◆ Extracted material
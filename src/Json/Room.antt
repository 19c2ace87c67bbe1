-- ===== src/Json/Room.antt =====
-- src/torrent_mgr.c, torrent_mgr_status_json: the text stays inside its buffer.
use ps5torrent.Base.{
  ℕ, ◌+◌, ◌-◌, ◌<◌, ◌≡◌, ap, List, [], ◌∷◌, Bytes, codes, length, length-append, length-take, take,
  ltb, leb, ◌==◌, if_cases, arith, Option, none, some,
}
use ps5torrent.Json.Writer.{
  json_writef, json_byte, write_bytes, json_write_string, TorrentStatus, member, numbers_text,
  head_text, write_torrent, write_torrents, opening, torrent_mgr_status_json,
}

module _ (size : ℕ) where
  -- There is room for the closing zero.
  abbrev Inside : Bytes → Type 0
  Inside out = length out < size

  json_writef-Inside : (out text : Bytes) → Inside out → Inside (json_writef size out text)
  unfolding json_writef
  json_writef-Inside out text h =
      if_cases Inside (leb size (length out)) (λ _. h)
        (λ _.
          if_cases Inside (leb (size - length out) (length text))
            (λ e.
              let l = length-append out (take (size - length out - 1) text) in
              let m = length-take (size - length out - 1) text in omega (arith, l, m, h))
            (λ e. ground (arith, length-append out text)))

  write_bytes-Inside : (out value : Bytes) → Inside out → Inside (write_bytes size out value)
  unfolding write_bytes
  write_bytes-Inside out [] h = h
  write_bytes-Inside out (c ∷ r) h =
      if_cases Inside (ltb (length out + 7) size)
        (λ _.
          write_bytes-Inside (json_writef size out (json_byte c)) r
            (json_writef-Inside out (json_byte c) h))
        (λ _. h)

  json_write_string-Inside :
      (out value : Bytes) → Inside out → Inside (json_write_string size out value)
  unfolding json_write_string
  json_write_string-Inside out value h =
      json_writef-Inside _ (b'"' ∷ [])
        (write_bytes-Inside _ value (json_writef-Inside out (b'"' ∷ []) h))

  write_torrent-Inside :
      (now i : ℕ) (out : Bytes) (t : TorrentStatus)
      → Inside out
      → Inside (write_torrent size now i out t)
  unfolding write_torrent
  write_torrent-Inside now i out t h = json_writef-Inside _ (codes "}") (
      json_write_string-Inside _ t.error_msg (
        json_writef-Inside _ (member (codes "error") []) (
          json_write_string-Inside _ t.save_path (
            json_writef-Inside _ (numbers_text now t) (
              json_write_string-Inside _ t.id (
                json_writef-Inside _ (member (codes "hash") []) (
                  json_write_string-Inside _ t.name (
                    json_writef-Inside _ (head_text i) (
                      if_cases Inside (i == 0) (λ _. h)
                        (λ _. json_writef-Inside out (codes ",") h))))))))))

  write_torrents-Inside :
      (now i : ℕ) (out : Bytes) (ts : List TorrentStatus)
      → Inside out
      → Inside (write_torrents size now i out ts)
  unfolding write_torrents
  write_torrents-Inside now i out [] h = h
  write_torrents-Inside now i out (t ∷ ts) h =
      write_torrents-Inside now (i + 1) (write_torrent size now i out t) ts
        (write_torrent-Inside now i out t h)

  -- Whatever the torrents' texts are, the status stays inside its buffer, the closing zero included.
  pub torrent_mgr_status_json-Inside :
      (now : ℕ) (ts : List TorrentStatus) (text : Bytes)
      → torrent_mgr_status_json size now ts ≡ some text
      → length text < size
  unfolding torrent_mgr_status_json
  torrent_mgr_status_json-Inside now ts text =
      if_cases (λ (o : Option Bytes). o ≡ some text → length text < size) (ltb size 64) (λ _ h. cc)
        (λ big h.
          let start : Inside [] = ground arith in
          let inside =
            json_writef-Inside _ (codes "]}")
              (write_torrents-Inside now 0 _ ts (json_writef-Inside [] opening start)) in
          given inside h)
    where
      given : {out : Bytes} → Inside out → some out ≡ some text → length text < size
      given {out} i e =
          omega
            (arith, ap {B = ℕ} (λ (o : Option Bytes). elim o [ none ↦ 0 | some b ↦ length b ]) e, i)
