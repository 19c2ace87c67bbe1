-- ===== src/Json/Tests.antt =====
-- Runs of the JSON texts of src/main.c, src/console_files.c and src/torrent_mgr.c.
use ps5torrent.Base.{
  ◌*◌, ◌<◌, ◌≤◌, ◌≡◌, refl, arith, some, true, [], ◌∷◌, ◌++◌, Bytes, codes, length,
}
use ps5torrent.TorrentMgr.State.{downloading}
use ps5torrent.Json.Escape.{escape, json_escape_text}
use ps5torrent.Json.Reader.{read_string, plain, read_string-escape}
use ps5torrent.Json.Bounded.{Fits, json_escape_text-Fits}
use ps5torrent.Json.Room.{torrent_mgr_status_json-Inside}
use ps5torrent.Json.Writer.{TorrentStatus, torrent_mgr_status_json}

-- A quote, a newline and a letter.
abbrev mixed : Bytes
mixed = b'"' ∷ 10 ∷ b'a' ∷ []

read_string-escape_example :
    (read_string plain (escape mixed ++ b'"' ∷ codes "}") ≡ some (mixed, codes "}"))
    × (length (escape mixed) ≤ 6 * length mixed)
read_string-escape_example = read_string-escape mixed (codes "}") (omega arith)

cut_short : json_escape_text 10 mixed ≡ 92 ∷ b'"' ∷ 92 ∷ codes "u000aa"
unfolding json_escape_text
cut_short = refl

json_escape_text-Fits_example : Fits 10 [] mixed (json_escape_text 10 mixed)
json_escape_text-Fits_example = json_escape_text-Fits 10 mixed (omega arith)

abbrev one_torrent : TorrentStatus
one_torrent = record {
  name = mixed;
  id = codes "00";
  state = downloading;
  progress = codes "0.500";
  total_size = 8;
  downloaded = 4;
  uploaded = 0;
  start_time = 5;
  speed_down = 1;
  speed_up = 0;
  num_peers = 1;
  active_peers = 1;
  num_complete = 1;
  num_pieces = some 2;
  tracker_announces = 1;
  is_magnet = true;
  save_path = codes "/d";
  error_msg = [];
}

-- What an empty buffer of 64 bytes holds of it.
abbrev shown : Bytes
shown = codes "{\"torrents\":[{\"id\":0,\"name\":\"\\\"\\na\",\"hash\":\"00\",\"state\":\"downlo"

status_cut : torrent_mgr_status_json 64 6 (one_torrent ∷ []) ≡ some shown
unfolding torrent_mgr_status_json
status_cut = refl

torrent_mgr_status_json-Inside_example : length shown < 64
torrent_mgr_status_json-Inside_example =
    torrent_mgr_status_json-Inside 64 6 (one_torrent ∷ []) shown status_cut
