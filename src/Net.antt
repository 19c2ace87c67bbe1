-- ===== src/Net.antt =====
-- src/net_utils.c: the loops that send and receive.
pub mod Receive
pub mod Send
pub mod Url
mod Tests
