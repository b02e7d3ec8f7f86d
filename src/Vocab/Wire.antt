-- ===== src/Vocab/Wire.antt =====
-- The little-endian integers of bench/convert_tm_to_ztm.py and src/monster_io.zig: `struct.pack`
-- of a u32, the reads of the TokenMonster file, and the reader's cursor.
use ztok.Common.{
  concat, ℕ, ◌+◌, ◌*◌, ◌/◌, ◌%◌, ◌<◌, ◌≡◌, refl, ap, Bool, true, false, List, [], ◌∷◌, ◌++◌, Result,
  ok, err, struct_error, ltb, if◌then◌else◌, arith, length, sum_by, length-append,
}

-- What is left of a file is the list of its bytes from the current offset on.
abbrev pub Bytes : Type 0
Bytes = List ℕ

abbrev pub le_bytes : ℕ → Bytes
le_bytes n = n % 256 ∷ n / 256 % 256 ∷ n / 65536 % 256 ∷ n / 16777216 % 256 ∷ []

-- `struct.pack("<I", n)`
unfoldable pub pack_u32 : ℕ → Result Bytes
pack_u32 n = if ltb n 4294967296 then ok (le_bytes n) else err struct_error

-- What the reader of src/monster_io.zig fails with; `panic` is an out-of-range access.
pub data ReadError : Type 0 where
  truncated_file magic_mismatch unsupported_version malformed_file panic : ReadError

-- A read: what was read with the rest of the file, or the failure.
pub data Read {ℓ} (A : Type ℓ) : Type ℓ where
  got : A → Bytes → Read A
  refused : ReadError → Read A

infixl 5 ◌>>>◌
abbrev pub ◌>>>◌ {ℓ κ} : {B : Type κ} {A : Type ℓ} → Read A → (A → Bytes → Read B) → Read B
got a rest >>> next = next a rest
refused why >>> next = refused why

-- `if (test) return e;`
abbrev pub refuse_if {ℓ} : {A : Type ℓ} → Bool → ReadError → Read A → Read A
refuse_if true e next = refused e
refuse_if false e next = next

abbrev pub u8 : Bytes → Read ℕ
u8 [] = refused panic
u8 (a ∷ rest) = got a rest

abbrev pub u32 : Bytes → Read ℕ
u32 [] = refused panic
u32 (a ∷ []) = refused panic
u32 (a ∷ b ∷ []) = refused panic
u32 (a ∷ b ∷ c ∷ []) = refused panic
u32 (a ∷ b ∷ c ∷ d ∷ rest) = got (a + b * 256 + c * 65536 + d * 16777216) rest

pub length-concat : (ts : List Bytes) → length (concat ts) ≡ sum_by length ts
unfolding sum_by
length-concat [] = refl
length-concat (t ∷ ts) = omega (arith, length-append t (concat ts), length-concat ts)

pub le_bytes-value :
    (n : ℕ)
    → n < 4294967296
    → n % 256 + n / 256 % 256 * 256 + n / 65536 % 256 * 65536 + n / 16777216 % 256 * 16777216 ≡ n
le_bytes-value n h = omega arith

-- A number below 2³² is read back.
pub u32-le_bytes : (n : ℕ) (rest : Bytes) → n < 4294967296 → u32 (le_bytes n ++ rest) ≡ got n rest
u32-le_bytes n rest h = ap (λ k. got k rest) (le_bytes-value n h)

pub pack_u32-ok : (n : ℕ) → n < 4294967296 → pack_u32 n ≡ ok (le_bytes n)
unfolding pack_u32
pack_u32-ok n h = ground arith

pub pack_u32-eq-ok : (n : ℕ) {p : Bytes} → pack_u32 n ≡ ok p → (n < 4294967296) × (p ≡ le_bytes n)
unfolding pack_u32
pack_u32-eq-ok n h = ground arith
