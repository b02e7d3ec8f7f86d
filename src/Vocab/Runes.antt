-- ===== src/Vocab/Runes.antt =====
-- The rune helpers of bench/convert_tm_to_ztm.py. Bits are taken by division and remainder; what
-- Python's Unicode tables say of a code point is a parameter.
use ztok.Common.{
  ℕ, zero, suc, ◌+◌, ◌*◌, ◌/◌, ◌%◌, Bool, true, false, ◌&&◌, ◌||◌, [], ◌∷◌, Result, ok, err,
  value_error, ltb, leb, ◌==◌, if◌then◌else◌, length, drop, ◌≤◌, arith,
}
use ztok.Vocab.Wire.{Bytes}

pub record Unicode : Type 0 where
  pub isalpha : ℕ → Bool
  -- `unicodedata.category(ch) in ("Mn", "Mc", "Me")`
  pub is_mark : ℕ → Bool
  pub isnumeric : ℕ → Bool
  pub isspace : ℕ → Bool

-- `buf[i]`, for an index that is in range.
abbrev pub byte_at : Bytes → ℕ → ℕ
byte_at [] i = 0
byte_at (b ∷ buf) zero = b
byte_at (b ∷ buf) (suc i) = byte_at buf i

-- The rune at the head of `buf[off:]`, with its width.
unfoldable pub decode_head : Bytes → ℕ × ℕ
decode_head [] = (0, 0)
decode_head (b0 ∷ rest) =
    if ltb b0 128
    then (b0, 1)
    else if b0 / 32 == 6 && leb 1 (length rest)
    then (b0 % 32 * 64 + byte_at rest 0 % 64, 2)
    else if b0 / 16 == 14 && leb 2 (length rest)
    then (b0 % 16 * 4096 + byte_at rest 0 % 64 * 64 + byte_at rest 1 % 64, 3)
    else if b0 / 8 == 30 && leb 3 (length rest)
    then (
      b0 % 8 * 262144 + byte_at rest 0 % 64 * 4096 + byte_at rest 1 % 64 * 64 + byte_at rest 2 % 64,
      4,
    )
    else (b0, 1)

unfoldable pub decode_rune : Bytes → ℕ → ℕ × ℕ
unfolding decode_head
decode_rune buf off = decode_head (drop off buf)

-- The walk back over continuation bytes.
unfoldable pub rune_start : Bytes → ℕ → ℕ
rune_start buf zero = 0
rune_start buf (suc i) = if byte_at buf (suc i) / 64 % 4 == 2 then rune_start buf i else suc i

unfoldable pub decode_last_rune : Bytes → ℕ
unfolding decode_rune rune_start
decode_last_rune [] = 0
decode_last_rune (b ∷ buf) = (decode_rune (b ∷ buf) (rune_start (b ∷ buf) (length buf))).0

-- `a and b` and `a or b`, where evaluating an operand may raise.
infixl 7 ◌and◌
abbrev pub ◌and◌ : Result Bool → Result Bool → Result Bool
err why and b = err why
ok true and b = b
ok false and b = ok false

infixl 6 ◌or◌
abbrev pub ◌or◌ : Result Bool → Result Bool → Result Bool
err why or b = err why
ok true or b = ok true
ok false or b = b

abbrev pub negated : Result Bool → Result Bool
negated (err why) = err why
negated (ok true) = ok false
negated (ok false) = ok true

-- A test on `chr(cp)`, which raises for a number that is no code point.
unfoldable pub on_chr : (ℕ → Bool) → ℕ → Result Bool
on_chr test cp = if ltb cp 1114112 then ok (test cp) else err (value_error "chr() arg not in range")

abbrev pub is_marker : ℕ → Bool
is_marker cp = cp == 67 || cp == 87 || cp == 68

module _ (unicode : Unicode) where
  unfoldable pub is_letter : ℕ → ℕ → Result Bool
  unfolding on_chr
  is_letter cp using_capcode =
      if using_capcode == 2 && is_marker cp
      then ok false
      else on_chr unicode.isalpha cp or on_chr unicode.is_mark cp

  unfoldable pub is_number : ℕ → Result Bool
  unfolding on_chr
  is_number cp = on_chr unicode.isnumeric cp

  unfoldable pub is_space : ℕ → Result Bool
  unfolding on_chr
  is_space cp = on_chr unicode.isspace cp

  unfoldable pub is_alphanum : ℕ → ℕ → Result Bool
  unfolding is_letter is_number
  is_alphanum cp using_capcode = is_letter cp using_capcode or is_number cp

unfoldable pub is_capcode : ℕ → ℕ → Bool
is_capcode cp using_capcode =
    if using_capcode == 1 then cp == 127 else if using_capcode == 2 then is_marker cp else false

pub decode_head-width : (b : ℕ) (buf : Bytes) → 1 ≤ (decode_head (b ∷ buf)).1
unfolding decode_head
decode_head-width b buf = ground arith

◆ Activity
Restate word for word the lines in the material above from the one with "torrent_mgr_status_json-Inside now ts" to the one with "(write_torrents-Inside now 0"; both of those lines count, and nothing else does.

◆ Result
  torrent_mgr_status_json-Inside now ts text =
      if_cases (λ (o : Option Bytes). o ≡ some text → length text < size) (ltb size 64) (λ _ h. cc)
        (λ big h.
          let start : Inside [] = ground arith in
          let inside =
            json_writef-Inside _ (codes "]}")
              (write_torrents-Inside now 0 _ ts (json_writef-Inside [] opening start)) in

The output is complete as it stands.